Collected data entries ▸
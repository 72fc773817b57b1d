-- ===== src/Tools/Command/Builders.antt =====
-- Decoding what the builders of src/scte35.rs emit.
use rust_pois.Prelude.{
  ℕ, ◌*◌, ◌%◌, ◌^◌, Bool, true, false, Option, none, some, List, [], ◌∷◌, ◌++◌, arith, not, ◌==◌,
}
use rust_pois.Scte35.Fields.{Field, ◌is◌}
use rust_pois.Scte35.Build.Sections.{insert_out_body, insert_in_body, insert_in_pts_body}
use rust_pois.Tools.Reader.{P}
use rust_pois.Tools.Command.{
  CommandInfo, BreakDuration, read_splice_time, read_break_duration, parse_splice_insert,
  parse_splice_insert_rest, parse_command_info, when, join_time,
}
use rust_pois.Tools.Command.Reads.{
  Reads, Reads-pure, Reads-seq, Reads-then, Reads-u8, Reads-u16, Reads-u32, Reads-u64, Reads-flag,
  Reads-skip,
}

break_duration-Reads :
    (ticks : ℕ)
    → Reads read_break_duration
        (1 is 1 ∷ 6 is 0 ∷ 33 is ticks ∷ [])
        (record { auto_return = true; duration_ticks = ticks % 2 ^ 33 })
unfolding read_break_duration
break_duration-Reads ticks = Reads-then _ (Reads-flag 1) (
    Reads-then _ (Reads-skip 6 0 (omega arith))
      (Reads-then _ (Reads-u64 33 ticks (omega arith)) (Reads-pure _)))

no_time-Reads : Reads read_splice_time (1 is 0 ∷ 7 is 0 ∷ []) none
unfolding read_splice_time
no_time-Reads =
    Reads-then _ (Reads-flag 0) (Reads-then _ (Reads-skip 7 0 (omega arith)) (Reads-pure _))

time-Reads :
    (pts : ℕ) → Reads read_splice_time (1 is 1 ∷ 6 is 0 ∷ 33 is pts ∷ []) (some (pts % 2 ^ 33))
unfolding read_splice_time
time-Reads pts = Reads-then _ (Reads-flag 1) (
    Reads-then _ (Reads-skip 6 0 (omega arith))
      (Reads-then _ (Reads-u64 33 pts (omega arith)) (Reads-pure _)))

-- What the builders mean their commands to say.
abbrev pub out_command : ℕ → CommandInfo
out_command duration_s = CommandInfo.splice_insert (record {
  splice_event_id = 1;
  out_of_network_indicator = true;
  program_splice_flag = true;
  duration_flag = true;
  splice_immediate_flag = true;
  pts_time = none;
  components = none;
  break_duration =
      some (record { auto_return = true; duration_ticks = duration_s * 90000 % 2 ^ 33 });
  unique_program_id = 1;
  avail_num = 0;
  avails_expected = 0;
})

abbrev pub in_command : Bool → Option ℕ → CommandInfo
in_command immediate pts = CommandInfo.splice_insert (record {
  splice_event_id = 2;
  out_of_network_indicator = false;
  program_splice_flag = true;
  duration_flag = false;
  splice_immediate_flag = immediate;
  pts_time = pts;
  components = none;
  break_duration = none;
  unique_program_id = 1;
  avail_num = 0;
  avails_expected = 0;
})

-- The command from its event id to the four flags, of which program_splice_flag is set.
flags-Reads :
    (id out duration immediate : ℕ) (fs : List Field) (info : CommandInfo)
    → Reads
        (parse_splice_insert_rest
          (id % 2 ^ 32 % 2 ^ 32)
          (out % 2 ^ 1 % 2 ^ 8 == 1)
          true
          (duration % 2 ^ 1 % 2 ^ 8 == 1)
          (immediate % 2 ^ 1 % 2 ^ 8 == 1))
        fs
        info
    → Reads
        (parse_command_info 5)
        (32 is id ∷ 1 is 0 ∷ 7 is 0 ∷ 1 is out ∷ 1 is 1 ∷ 1 is duration ∷ 1 is immediate ∷ fs)
        info
unfolding parse_command_info parse_splice_insert
flags-Reads id out duration immediate fs info rest = Reads-then _ (Reads-u32 32 id (omega arith)) (
    Reads-then _ (Reads-flag 0) (
      Reads-then _ (Reads-skip 7 0 (omega arith)) (
        Reads-then _ (Reads-flag out) (
          Reads-then _ (Reads-flag 1)
            (Reads-then _ (Reads-flag duration) (Reads-then _ (Reads-flag immediate) rest))))))

-- The rest of the command, around the splice time and the break duration.
rest-Reads :
    (id : ℕ) (out duration immediate : Bool) (ts ds : List Field) (time : Option (Option ℕ))
    (break : Option BreakDuration)
    → Reads (when (not immediate) read_splice_time) ts time
    → Reads (when duration read_break_duration) ds break
    → Reads
        (parse_splice_insert_rest id out true duration immediate)
        (4 is 0 ∷ (ts ++ (ds ++ 16 is 1 ∷ 8 is 0 ∷ 8 is 0 ∷ [])))
        (CommandInfo.splice_insert (record {
          splice_event_id = id;
          out_of_network_indicator = out;
          program_splice_flag = true;
          duration_flag = duration;
          splice_immediate_flag = immediate;
          pts_time = join_time time;
          components = none;
          break_duration = break;
          unique_program_id = 1;
          avail_num = 0;
          avails_expected = 0;
        }))
unfolding parse_splice_insert_rest
rest-Reads id out duration immediate ts ds time break ht hd =
    Reads-then _ (Reads-skip 4 0 (omega arith)) (
      Reads-seq _ ts ht (
        Reads-seq _ [] (Reads-pure _) (
          Reads-seq _ ds hd (
            Reads-then _ (Reads-u16 16 1 (omega arith)) (
              Reads-then _ (Reads-u8 8 0 (omega arith))
                (Reads-then _ (Reads-u8 8 0 (omega arith)) (Reads-pure _)))))))

some-Reads :
    {A : Type 0} {m : P A} (fs : List Field) {a : A}
    → Reads m fs a
    → Reads (when true m) (fs ++ []) (some a)
some-Reads fs h = Reads-seq _ fs h (Reads-pure _)

pub out-Reads : (d : ℕ) → Reads (parse_command_info 5) (insert_out_body (d * 90000)) (out_command d)
out-Reads d = flags-Reads 1 1 1 1 _ _ (
    rest-Reads 1 true true true [] _ none _ (Reads-pure none)
      (some-Reads _ (break_duration-Reads (d * 90000))))

pub in-Reads : Reads (parse_command_info 5) insert_in_body (in_command true none)
in-Reads =
    flags-Reads 2 0 0 1 _ _
      (rest-Reads 2 false false true [] [] none none (Reads-pure none) (Reads-pure none))

pub in_pts-Reads :
    (pts : ℕ)
    → Reads (parse_command_info 5) (insert_in_pts_body pts) (in_command false (some (pts % 2 ^ 33)))
in_pts-Reads pts =
    flags-Reads 2 0 0 0 _ _
      (rest-Reads 2 false false false _ [] _ none (some-Reads _ (time-Reads pts)) (Reads-pure none))

pub time_signal-Reads :
    Reads (parse_command_info 6) (1 is 0 ∷ 7 is 0 ∷ []) (CommandInfo.time_signal none)
unfolding parse_command_info
time_signal-Reads = Reads-seq _ (1 is 0 ∷ 7 is 0 ∷ []) no_time-Reads (Reads-pure _)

YOUR GOAL ▸ Exact output of every entry is required.

ANSWER FOR THIS EXERCISE ▸
repository 72fc773817b57b1d
-- ===== src/Tools/Command/Builders.antt =====
-- Decoding what the builders of src/scte35.rs emit.
use rust_pois.Prelude.{
  ℕ, ◌*◌, ◌%◌, ◌^◌, Bool, true, false, Option, none, some, List, [], ◌∷◌, ◌++◌, arith, not, ◌==◌,
}
use rust_pois.Scte35.Fields.{Field, ◌is◌}
use rust_pois.Scte35.Build.Sections.{insert_out_body, insert_in_body, insert_in_pts_body}
use rust_pois.Tools.Reader.{P}
use rust_pois.Tools.Command.{
  CommandInfo, BreakDuration, read_splice_time, read_break_duration, parse_splice_insert,
  parse_splice_insert_rest, parse_command_info, when, join_time,
}
use rust_pois.Tools.Command.Reads.{
  Reads, Reads-pure, Reads-seq, Reads-then, Reads-u8, Reads-u16, Reads-u32, Reads-u64, Reads-flag,
  Reads-skip,
}

break_duration-Reads :
    (ticks : ℕ)
    → Reads read_break_duration
        (1 is 1 ∷ 6 is 0 ∷ 33 is ticks ∷ [])
        (record { auto_return = true; duration_ticks = ticks % 2 ^ 33 })
unfolding read_break_duration
break_duration-Reads ticks = Reads-then _ (Reads-flag 1) (
    Reads-then _ (Reads-skip 6 0 (omega arith))
      (Reads-then _ (Reads-u64 33 ticks (omega arith)) (Reads-pure _)))

no_time-Reads : Reads read_splice_time (1 is 0 ∷ 7 is 0 ∷ []) none
unfolding read_splice_time
no_time-Reads =
    Reads-then _ (Reads-flag 0) (Reads-then _ (Reads-skip 7 0 (omega arith)) (Reads-pure _))

time-Reads :
    (pts : ℕ) → Reads read_splice_time (1 is 1 ∷ 6 is 0 ∷ 33 is pts ∷ []) (some (pts % 2 ^ 33))
unfolding read_splice_time
time-Reads pts = Reads-then _ (Reads-flag 1) (
    Reads-then _ (Reads-skip 6 0 (omega arith))
      (Reads-then _ (Reads-u64 33 pts (omega arith)) (Reads-pure _)))

-- What the builders mean their commands to say.
abbrev pub out_command : ℕ → CommandInfo
out_command duration_s = CommandInfo.splice_insert (record {
  splice_event_id = 1;
  out_of_network_indicator = true;
  program_splice_flag = true;
  duration_flag = true;
  splice_immediate_flag = true;
  pts_time = none;
  components = none;
  break_duration =
      some (record { auto_return = true; duration_ticks = duration_s * 90000 % 2 ^ 33 });
  unique_program_id = 1;
  avail_num = 0;
  avails_expected = 0;
})

abbrev pub in_command : Bool → Option ℕ → CommandInfo
in_command immediate pts = CommandInfo.splice_insert (record {
  splice_event_id = 2;
  out_of_network_indicator = false;
  program_splice_flag = true;
  duration_flag = false;
  splice_immediate_flag = immediate;
  pts_time = pts;
  components = none;
  break_duration = none;
  unique_program_id = 1;
  avail_num = 0;
  avails_expected = 0;
})

-- The command from its event id to the four flags, of which program_splice_flag is set.
flags-Reads :
    (id out duration immediate : ℕ) (fs : List Field) (info : CommandInfo)
    → Reads
        (parse_splice_insert_rest
          (id % 2 ^ 32 % 2 ^ 32)
          (out % 2 ^ 1 % 2 ^ 8 == 1)
          true
          (duration % 2 ^ 1 % 2 ^ 8 == 1)
          (immediate % 2 ^ 1 % 2 ^ 8 == 1))
        fs
        info
    → Reads
        (parse_command_info 5)
        (32 is id ∷ 1 is 0 ∷ 7 is 0 ∷ 1 is out ∷ 1 is 1 ∷ 1 is duration ∷ 1 is immediate ∷ fs)
        info
unfolding parse_command_info parse_splice_insert
flags-Reads id out duration immediate fs info rest = Reads-then _ (Reads-u32 32 id (omega arith)) (
    Reads-then _ (Reads-flag 0) (
      Reads-then _ (Reads-skip 7 0 (omega arith)) (
        Reads-then _ (Reads-flag out) (
          Reads-then _ (Reads-flag 1)
            (Reads-then _ (Reads-flag duration) (Reads-then _ (Reads-flag immediate) rest))))))

-- The rest of the command, around the splice time and the break duration.
rest-Reads :
    (id : ℕ) (out duration immediate : Bool) (ts ds : List Field) (time : Option (Option ℕ))
    (break : Option BreakDuration)
    → Reads (when (not immediate) read_splice_time) ts time
    → Reads (when duration read_break_duration) ds break
    → Reads
        (parse_splice_insert_rest id out true duration immediate)
        (4 is 0 ∷ (ts ++ (ds ++ 16 is 1 ∷ 8 is 0 ∷ 8 is 0 ∷ [])))
        (CommandInfo.splice_insert (record {
          splice_event_id = id;
          out_of_network_indicator = out;
          program_splice_flag = true;
          duration_flag = duration;
          splice_immediate_flag = immediate;
          pts_time = join_time time;
          components = none;
          break_duration = break;
          unique_program_id = 1;
          avail_num = 0;
          avails_expected = 0;
        }))
unfolding parse_splice_insert_rest
rest-Reads id out duration immediate ts ds time break ht hd =
    Reads-then _ (Reads-skip 4 0 (omega arith)) (
      Reads-seq _ ts ht (
        Reads-seq _ [] (Reads-pure _) (
          Reads-seq _ ds hd (
            Reads-then _ (Reads-u16 16 1 (omega arith)) (
              Reads-then _ (Reads-u8 8 0 (omega arith))
                (Reads-then _ (Reads-u8 8 0 (omega arith)) (Reads-pure _)))))))

some-Reads :
    {A : Type 0} {m : P A} (fs : List Field) {a : A}
    → Reads m fs a
    → Reads (when true m) (fs ++ []) (some a)
some-Reads fs h = Reads-seq _ fs h (Reads-pure _)

pub out-Reads : (d : ℕ) → Reads (parse_command_info 5) (insert_out_body (d * 90000)) (out_command d)
out-Reads d = flags-Reads 1 1 1 1 _ _ (
    rest-Reads 1 true true true [] _ none _ (Reads-pure none)
      (some-Reads _ (break_duration-Reads (d * 90000))))

pub in-Reads : Reads (parse_command_info 5) insert_in_body (in_command true none)
in-Reads =
    flags-Reads 2 0 0 1 _ _
      (rest-Reads 2 false false true [] [] none none (Reads-pure none) (Reads-pure none))

pub in_pts-Reads :
    (pts : ℕ)
    → Reads (parse_command_info 5) (insert_in_pts_body pts) (in_command false (some (pts % 2 ^ 33)))
in_pts-Reads pts =
    flags-Reads 2 0 0 0 _ _
      (rest-Reads 2 false false false _ [] _ none (some-Reads _ (time-Reads pts)) (Reads-pure none))

pub time_signal-Reads :
    Reads (parse_command_info 6) (1 is 0 ∷ 7 is 0 ∷ []) (CommandInfo.time_signal none)
unfolding parse_command_info
time_signal-Reads = Reads-seq _ (1 is 0 ∷ 7 is 0 ∷ []) no_time-Reads (Reads-pure _)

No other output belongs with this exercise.